=== TASK GOAL ===
Filter the records for lines holding the string "null".
↓↓↓
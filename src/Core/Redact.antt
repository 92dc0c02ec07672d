-- ===== src/Core/Redact.antt =====
-- koraku/core/redact.py: what a log may show of a JSON value.
pub mod Scrubbed
pub mod Tests
use koraku.Prelude.{
  ℕ, zero, suc, ◌+◌, Bool, true, false, if◌then◌else◌, List, [], ◌∷◌, ◌++◌, contains, ltb,
  text_equality,
}
use koraku.Prelude.Text.{Text, text, lower}
use koraku.Prelude.Json.{
  Value, null, bool, num, str, arr, obj, Items, nil, cons, Fields, end, field,
}

abbrev pub placeholder : Text
placeholder = text "[REDACTED]"

abbrev pub sensitive_key : List Text
sensitive_key =
    text "password"
    ∷ text "passwd"
    ∷ text "secret"
    ∷ text "api_key"
    ∷ text "apikey"
    ∷ text "authorization"
    ∷ text "access_token"
    ∷ text "refresh_token"
    ∷ text "id_token"
    ∷ text "token"
    ∷ text "client_secret"
    ∷ text "private_key"
    ∷ text "anthropic_api_key"
    ∷ text "openai_api_key"
    ∷ []

-- The regular expressions.
pub data Pattern : Type 0 where
  bearer : Pattern
  jwt : Pattern
  apiish : Pattern
  hex_run : Pattern

-- `sub` is `sub` of a compiled pattern, given the replacement and the text.
module _ (sub : Pattern → Text → Text → Text) where
  unfoldable pub redact_secrets : Text → Text
  redact_secrets [] = []
  redact_secrets (c ∷ s) = sub hex_run placeholder (
      sub apiish placeholder
        (sub jwt placeholder (sub bearer (text "Bearer " ++ placeholder) (c ∷ s))))

  module _ (max_depth : ℕ) where
    abbrev pub unless_deep : ℕ → Value → Value
    unless_deep depth v = if ltb max_depth depth then str (text "[TRUNCATED]") else v

    -- The last argument but one of `redact_items` and `redact_fields` is what islice leaves to take.
    -- The keys of a dict differ, so each begins a new entry of the result.
    unfoldable mutual
      pub redact_mapping : ℕ → Value → Value
      redact_mapping depth null = unless_deep depth null
      redact_mapping depth (bool b) = unless_deep depth (bool b)
      redact_mapping depth (num n) = unless_deep depth (num n)
      redact_mapping depth (str s) = unless_deep depth (str (redact_secrets s))
      redact_mapping depth (arr vs) = unless_deep depth (arr (redact_items (depth + 1) 200 vs))
      redact_mapping depth (obj fs) = unless_deep depth (obj (redact_fields (depth + 1) 200 fs))

      pub redact_items : ℕ → ℕ → Items → Items
      redact_items depth n nil = nil
      redact_items depth zero (cons v vs) = nil
      redact_items depth (suc n) (cons v vs) =
          cons (redact_mapping depth v) (redact_items depth n vs)

      pub redact_fields : ℕ → ℕ → Fields → Fields
      redact_fields depth n end = end
      redact_fields depth zero (field k v fs) = end
      redact_fields depth (suc n) (field k v fs) =
          let shown = redact_mapping depth v in
          field k (if contains sensitive_key (lower k) then str placeholder else shown)
            (redact_fields depth n fs)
↑↑↑
=== TASK SOLUTION ===
  Value, null, bool, num, str, arr, obj, Items, nil, cons, Fields, end, field,
      redact_mapping depth null = unless_deep depth null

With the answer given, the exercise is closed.